II CD-14 è l’ultimo della numerosa prole di giradischi digitali di “mamma” Marantz: va a collocarsi nelle posizioni di vertice della gamma e, a nostro parere, della categoria.
«Dio ce l’ha dato e guai a chi lo tocca!»
Non ci riferiamo, nient’affatto, ad un qualunque simbolismo del potere temporale del sovrano, noi oltretutto così refrattari ad ogni simpatia monarchica.

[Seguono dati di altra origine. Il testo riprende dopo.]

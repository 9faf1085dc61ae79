-- ===== src/Http/Base64/Overflow.antt =====
-- When `base64_decode` stays inside its buffer.
use Prim.Native.Nat.{bit_or}
use vtfs.Base.{
  ℕ, ◌+◌, ◌*◌, ◌/◌, ◌%◌, ◌≤◌, ◌<◌, ◌≡◌, ◌≢◌, refl, ◌⊎◌, inl, inr, Option, none, some, [], ◌∷◌, ◌++◌,
  ◌==◌, ltb, arith, Bool-cases,
}
use vtfs.Base.Int.{pos, neg, einval}
use vtfs.Base.Lists.{length, length-append}
use vtfs.Base.Strings.{Bytes}
use vtfs.Http.Base64.{digit, put, decode, output_length, base64_decode}

module _ (capacity limit : ℕ) where
  -- What `put` does: it appends, skips, or writes behind the buffer.
  put_lem :
      (byte : ℕ) (out : Bytes)
      → length out ≤ capacity
      → ((put capacity limit byte out ≡ none) × (capacity < limit))
        ⊎ ((out' : Bytes) × (put capacity limit byte out ≡ some out')
            × (length out' ≤ capacity)
            × (length out ≤ length out')
            × (length out' ≤ length out + 1)
            × ((length out' ≡ length out) × (limit ≤ length out)
                ⊎ (length out' ≡ length out + 1) × (length out' ≤ limit)))
  put_lem byte out le = elim (Bool-cases (ltb (length out) limit)) [
    | inl below ↦ elim (Bool-cases (ltb (length out) capacity)) [
      | inl room ↦
          let n = length-append out (byte ∷ []) in
          inr (
            out ++ byte ∷ [],
            ground arith,
            ground arith,
            ground arith,
            ground arith,
            inr (ground arith, ground arith),
          )
      | inr full ↦ inl (ground arith, ground arith)
    ]
    | inr done ↦ inr (out, ground arith, le, ground arith, ground arith, inl (refl, ground arith))
  ]

  -- The buffer is overrun if and only if it is smaller than the length decoded.
  abbrev Result : Option Bytes → Type 0
  Result r =
      ((r ≡ none) × (capacity < limit))
      ⊎ ((out : Bytes) × (r ≡ some out) × (length out ≡ limit) × (limit ≤ capacity))

  decode-Result :
      (input out : Bytes)
      → length input % 4 ≡ 0
      → length out ≤ capacity
      → length out ≤ limit
      → limit ≤ length out + length input / 4 * 3
      → Result (decode capacity limit input out)
  unfolding decode
  decode-Result [] out whole room below enough = inr (out, refl, omega arith, omega arith)
  decode-Result (p ∷ []) out whole room below enough = absurd (omega arith)
  decode-Result (p ∷ q ∷ []) out whole room below enough = absurd (omega arith)
  decode-Result (p ∷ q ∷ r ∷ []) out whole room below enough = absurd (omega arith)
  decode-Result (p ∷ q ∷ r ∷ s ∷ rest) out whole room below enough =
      elim (put_lem (bit_or (digit p * 4) (digit q / 16) % 256) out room) [
        | inl (over, small) ↦ inl (rw over, small)
        | inr (out1, run1, room1, _, _, c1) ↦
            rw run1 (elim (put_lem (bit_or (digit q * 16) (digit r / 4) % 256) out1 room1) [
              | inl (over, small) ↦ inl (rw over, small)
              | inr (out2, run2, room2, _, _, c2) ↦
                  rw run2 (elim (put_lem (bit_or (digit r * 64) (digit s) % 256) out2 room2) [
                    | inl (over, small) ↦ inl (rw over, small)
                    | inr (out3, run3, room3, _, _, c3) ↦
                        rw run3
                          (decode-Result rest out3 (omega arith) room3 (omega arith) (omega arith))
                  ])
            ])
      ]

output_length-le : (input : Bytes) → output_length input ≤ length input / 4 * 3
unfolding output_length
output_length-le input = ground arith

-- A text whose length is no multiple of 4 is refused with -EINVAL. Any other is decoded inside the
-- buffer, to as many bytes as its padding says, if and only if the buffer has that many; in a
-- smaller buffer the decoder writes behind the end.
pub base64_decode_bounds :
    (input : Bytes) (capacity : ℕ)
    → ((length input % 4 ≢ 0) × (base64_decode input capacity ≡ some (neg einval, [])))
      ⊎ ((length input % 4 ≡ 0)
            × (capacity < output_length input)
            × (base64_decode input capacity ≡ none)
          ⊎ ((out : Bytes) × (output_length input ≤ capacity)
              × (length out ≡ output_length input)
              × (base64_decode input capacity ≡ some (pos 0, out))))
unfolding base64_decode
base64_decode_bounds input capacity = elim (Bool-cases (length input % 4 == 0)) [
  | inl whole ↦
      rw whole
        (elim (decode-Result capacity (output_length input) input [] (ground arith) (omega arith)
          (omega arith) (omega (arith, output_length-le input))) [
            | inl (over, small) ↦ inr (inl (ground arith, small, rw over))
            | inr (out, run, exact, fits) ↦ inr (inr (out, fits, exact, rw run))
          ])
  | inr odd ↦ inl (ground arith, rw odd)
]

Piuttosto il pensiero corre ad un blasone icona dell’alta-fedeltà, alle sue creazioni, al suo attuale uomo immagine o meglio, giacché una tale definizione, oggi tanto di moda, ci sembra francamente riduttiva, rimandando col pensiero a prezzolati VIP, sorridenti «testimonial» d’eccezione dell’uno o dell’altro prodotto. No, Ken Ishiwata è prima di tutto uomo «pensiero», e solo consequenzialmente, e marginalmente, «immagine», peraltro alquanto sfuggente, dell’attuale, felicissimo corso Marantz.
Artefice, a nostro modo di vedere, di primaria importanza nella rinascita, dopo il buio pesto di passate e scellerate gestioni, ha contribuito a ricostruire pezzo dopo pezzo credibilità e popolarità di un marchio la cui progressiva eclissi dai quartieri alti dell’hi-fi non poteva che costituire motivo di rabbia e rammarico per tutti quanti ne hanno seguito ed amato le gesta. Ken, con la calma e la saggezza d’un maestro zen, cui peraltro riesce facile l’accostamento viste e considerate le origini, i tratti somatici, la misura e l’avvedutezza delle dichiarazioni, non disgiunte dalla grande esperienza e competenza tecnica, ha riassemblato quei calcinacci del mito con la pazienza e la tenacia del restauratore che s’industria dinanzi alla grande opera deturpata, con il rispetto dell’allievo che ritenga ancora insuperati, e del tutto attuali, alcuni dei capolavori – vedi le repliche del Model 9, del Model 8B e del Model 7 – del maestro – il vecchio Saul – e quindi meritevoli d’essere «divulgati» alle nuove generazioni che di quell’àge d’or posseggono solo sbiaditi rimandi della tradizione orale.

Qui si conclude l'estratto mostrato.